ACTIVITY - Please copy, exactly as they appear below, the lines from the one containing "repository a194afa0a7e7469e" through the one containing "Fresh p [] = Unit".

[Saved entries]

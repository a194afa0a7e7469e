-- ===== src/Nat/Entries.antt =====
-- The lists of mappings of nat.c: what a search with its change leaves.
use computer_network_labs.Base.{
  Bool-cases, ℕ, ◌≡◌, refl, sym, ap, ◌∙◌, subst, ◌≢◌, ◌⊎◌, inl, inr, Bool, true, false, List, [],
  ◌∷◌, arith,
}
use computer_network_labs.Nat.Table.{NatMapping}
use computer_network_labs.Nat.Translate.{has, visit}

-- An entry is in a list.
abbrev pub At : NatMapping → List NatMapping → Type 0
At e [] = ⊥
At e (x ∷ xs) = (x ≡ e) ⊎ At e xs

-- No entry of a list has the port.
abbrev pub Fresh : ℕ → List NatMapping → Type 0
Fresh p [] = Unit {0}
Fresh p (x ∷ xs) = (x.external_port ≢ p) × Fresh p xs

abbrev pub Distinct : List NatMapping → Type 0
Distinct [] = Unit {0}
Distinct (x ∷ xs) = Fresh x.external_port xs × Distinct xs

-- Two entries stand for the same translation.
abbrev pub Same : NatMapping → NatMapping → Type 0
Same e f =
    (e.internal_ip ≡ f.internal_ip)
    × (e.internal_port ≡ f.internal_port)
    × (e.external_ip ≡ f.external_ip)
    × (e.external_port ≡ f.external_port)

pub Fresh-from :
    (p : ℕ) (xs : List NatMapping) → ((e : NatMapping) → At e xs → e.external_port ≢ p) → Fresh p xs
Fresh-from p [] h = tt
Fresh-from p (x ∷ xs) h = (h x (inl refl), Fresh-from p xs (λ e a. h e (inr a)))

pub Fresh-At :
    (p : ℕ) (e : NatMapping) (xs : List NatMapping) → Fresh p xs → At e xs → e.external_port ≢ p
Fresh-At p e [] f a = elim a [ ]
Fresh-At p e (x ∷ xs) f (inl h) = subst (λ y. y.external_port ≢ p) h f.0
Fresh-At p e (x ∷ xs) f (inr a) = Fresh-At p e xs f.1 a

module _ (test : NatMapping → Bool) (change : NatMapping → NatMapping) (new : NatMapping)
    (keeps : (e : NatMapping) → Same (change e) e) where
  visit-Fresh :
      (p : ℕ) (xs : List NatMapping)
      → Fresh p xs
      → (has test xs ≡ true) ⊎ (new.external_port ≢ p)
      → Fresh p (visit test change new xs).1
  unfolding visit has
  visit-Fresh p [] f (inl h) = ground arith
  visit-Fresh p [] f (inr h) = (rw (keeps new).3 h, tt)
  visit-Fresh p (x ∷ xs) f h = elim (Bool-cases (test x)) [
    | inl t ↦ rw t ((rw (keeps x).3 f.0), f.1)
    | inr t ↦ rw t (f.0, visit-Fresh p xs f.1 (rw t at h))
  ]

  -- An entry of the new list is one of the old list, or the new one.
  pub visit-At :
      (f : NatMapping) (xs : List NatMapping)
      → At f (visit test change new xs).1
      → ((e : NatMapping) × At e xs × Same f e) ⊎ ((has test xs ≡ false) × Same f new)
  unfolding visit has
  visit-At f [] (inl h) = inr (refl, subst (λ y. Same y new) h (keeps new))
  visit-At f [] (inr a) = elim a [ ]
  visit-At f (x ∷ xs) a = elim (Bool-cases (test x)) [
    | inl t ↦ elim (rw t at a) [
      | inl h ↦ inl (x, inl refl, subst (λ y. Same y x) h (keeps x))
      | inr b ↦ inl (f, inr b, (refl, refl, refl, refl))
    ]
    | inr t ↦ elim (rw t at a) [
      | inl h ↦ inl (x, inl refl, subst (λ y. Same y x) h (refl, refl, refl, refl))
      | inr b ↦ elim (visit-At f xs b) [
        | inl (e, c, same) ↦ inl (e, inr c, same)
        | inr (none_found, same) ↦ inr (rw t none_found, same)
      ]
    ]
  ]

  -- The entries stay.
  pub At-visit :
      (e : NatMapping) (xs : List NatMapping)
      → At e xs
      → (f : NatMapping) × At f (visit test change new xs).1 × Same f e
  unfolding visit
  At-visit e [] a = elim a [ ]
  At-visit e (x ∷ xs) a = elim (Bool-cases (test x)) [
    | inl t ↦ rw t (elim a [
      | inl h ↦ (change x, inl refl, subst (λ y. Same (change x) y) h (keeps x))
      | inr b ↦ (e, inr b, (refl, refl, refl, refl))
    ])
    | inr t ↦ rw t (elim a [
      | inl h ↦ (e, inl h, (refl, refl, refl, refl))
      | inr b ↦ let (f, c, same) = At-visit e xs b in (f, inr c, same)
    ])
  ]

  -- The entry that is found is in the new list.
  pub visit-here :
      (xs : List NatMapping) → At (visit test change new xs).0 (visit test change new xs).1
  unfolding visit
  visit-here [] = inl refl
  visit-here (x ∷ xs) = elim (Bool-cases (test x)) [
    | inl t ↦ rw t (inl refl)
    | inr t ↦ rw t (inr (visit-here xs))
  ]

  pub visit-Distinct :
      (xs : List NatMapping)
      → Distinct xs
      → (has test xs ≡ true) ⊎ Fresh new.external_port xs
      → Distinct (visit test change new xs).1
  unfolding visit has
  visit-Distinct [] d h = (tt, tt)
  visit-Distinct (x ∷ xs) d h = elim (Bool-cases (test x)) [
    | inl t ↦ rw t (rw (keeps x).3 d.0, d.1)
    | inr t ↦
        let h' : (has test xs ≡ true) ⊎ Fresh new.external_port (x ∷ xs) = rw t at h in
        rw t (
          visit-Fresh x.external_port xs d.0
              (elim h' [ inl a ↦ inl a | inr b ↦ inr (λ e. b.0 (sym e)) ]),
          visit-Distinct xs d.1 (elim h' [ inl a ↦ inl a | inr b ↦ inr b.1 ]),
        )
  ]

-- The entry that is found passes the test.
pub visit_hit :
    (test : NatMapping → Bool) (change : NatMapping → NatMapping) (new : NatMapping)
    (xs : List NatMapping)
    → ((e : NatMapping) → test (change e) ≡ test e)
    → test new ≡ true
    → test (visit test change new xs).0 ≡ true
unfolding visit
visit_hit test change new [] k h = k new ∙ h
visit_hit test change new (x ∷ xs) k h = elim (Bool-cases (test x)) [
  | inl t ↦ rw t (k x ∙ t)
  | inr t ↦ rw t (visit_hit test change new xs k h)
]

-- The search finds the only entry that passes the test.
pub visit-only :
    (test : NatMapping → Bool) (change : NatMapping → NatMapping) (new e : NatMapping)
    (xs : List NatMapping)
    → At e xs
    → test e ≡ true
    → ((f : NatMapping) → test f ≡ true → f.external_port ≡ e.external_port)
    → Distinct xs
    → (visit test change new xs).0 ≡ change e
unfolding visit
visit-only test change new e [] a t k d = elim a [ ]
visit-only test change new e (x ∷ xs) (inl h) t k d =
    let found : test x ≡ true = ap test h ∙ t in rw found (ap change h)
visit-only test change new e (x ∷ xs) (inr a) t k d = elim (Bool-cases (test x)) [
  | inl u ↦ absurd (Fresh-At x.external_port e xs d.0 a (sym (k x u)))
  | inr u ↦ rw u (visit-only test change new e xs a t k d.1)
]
--
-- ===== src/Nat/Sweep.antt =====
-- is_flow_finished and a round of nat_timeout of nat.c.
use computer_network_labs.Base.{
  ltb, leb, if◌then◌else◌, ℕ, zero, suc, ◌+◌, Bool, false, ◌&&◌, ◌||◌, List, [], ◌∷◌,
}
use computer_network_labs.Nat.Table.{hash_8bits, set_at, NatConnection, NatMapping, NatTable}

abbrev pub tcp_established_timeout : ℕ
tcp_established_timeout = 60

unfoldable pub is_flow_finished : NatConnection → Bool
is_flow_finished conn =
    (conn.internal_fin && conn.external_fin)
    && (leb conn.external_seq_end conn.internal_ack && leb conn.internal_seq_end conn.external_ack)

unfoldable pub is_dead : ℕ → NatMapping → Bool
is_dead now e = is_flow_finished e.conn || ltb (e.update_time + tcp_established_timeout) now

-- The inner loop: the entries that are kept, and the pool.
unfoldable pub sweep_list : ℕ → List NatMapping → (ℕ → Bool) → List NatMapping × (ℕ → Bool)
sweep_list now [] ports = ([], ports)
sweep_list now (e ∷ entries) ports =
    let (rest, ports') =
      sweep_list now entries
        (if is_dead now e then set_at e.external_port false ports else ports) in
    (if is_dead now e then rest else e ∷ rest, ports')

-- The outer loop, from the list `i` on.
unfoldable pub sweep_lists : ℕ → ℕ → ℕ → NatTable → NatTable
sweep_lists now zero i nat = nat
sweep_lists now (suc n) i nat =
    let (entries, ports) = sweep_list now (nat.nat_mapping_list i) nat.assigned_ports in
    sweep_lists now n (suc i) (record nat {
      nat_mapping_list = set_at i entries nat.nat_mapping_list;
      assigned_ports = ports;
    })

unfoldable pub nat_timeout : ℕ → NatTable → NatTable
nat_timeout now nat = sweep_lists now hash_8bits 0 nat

WRITTEN SOLUTION -
repository a194afa0a7e7469e
-- ===== src/Nat/Entries.antt =====
-- The lists of mappings of nat.c: what a search with its change leaves.
use computer_network_labs.Base.{
  Bool-cases, ℕ, ◌≡◌, refl, sym, ap, ◌∙◌, subst, ◌≢◌, ◌⊎◌, inl, inr, Bool, true, false, List, [],
  ◌∷◌, arith,
}
use computer_network_labs.Nat.Table.{NatMapping}
use computer_network_labs.Nat.Translate.{has, visit}

-- An entry is in a list.
abbrev pub At : NatMapping → List NatMapping → Type 0
At e [] = ⊥
At e (x ∷ xs) = (x ≡ e) ⊎ At e xs

-- No entry of a list has the port.
abbrev pub Fresh : ℕ → List NatMapping → Type 0
Fresh p [] = Unit {0}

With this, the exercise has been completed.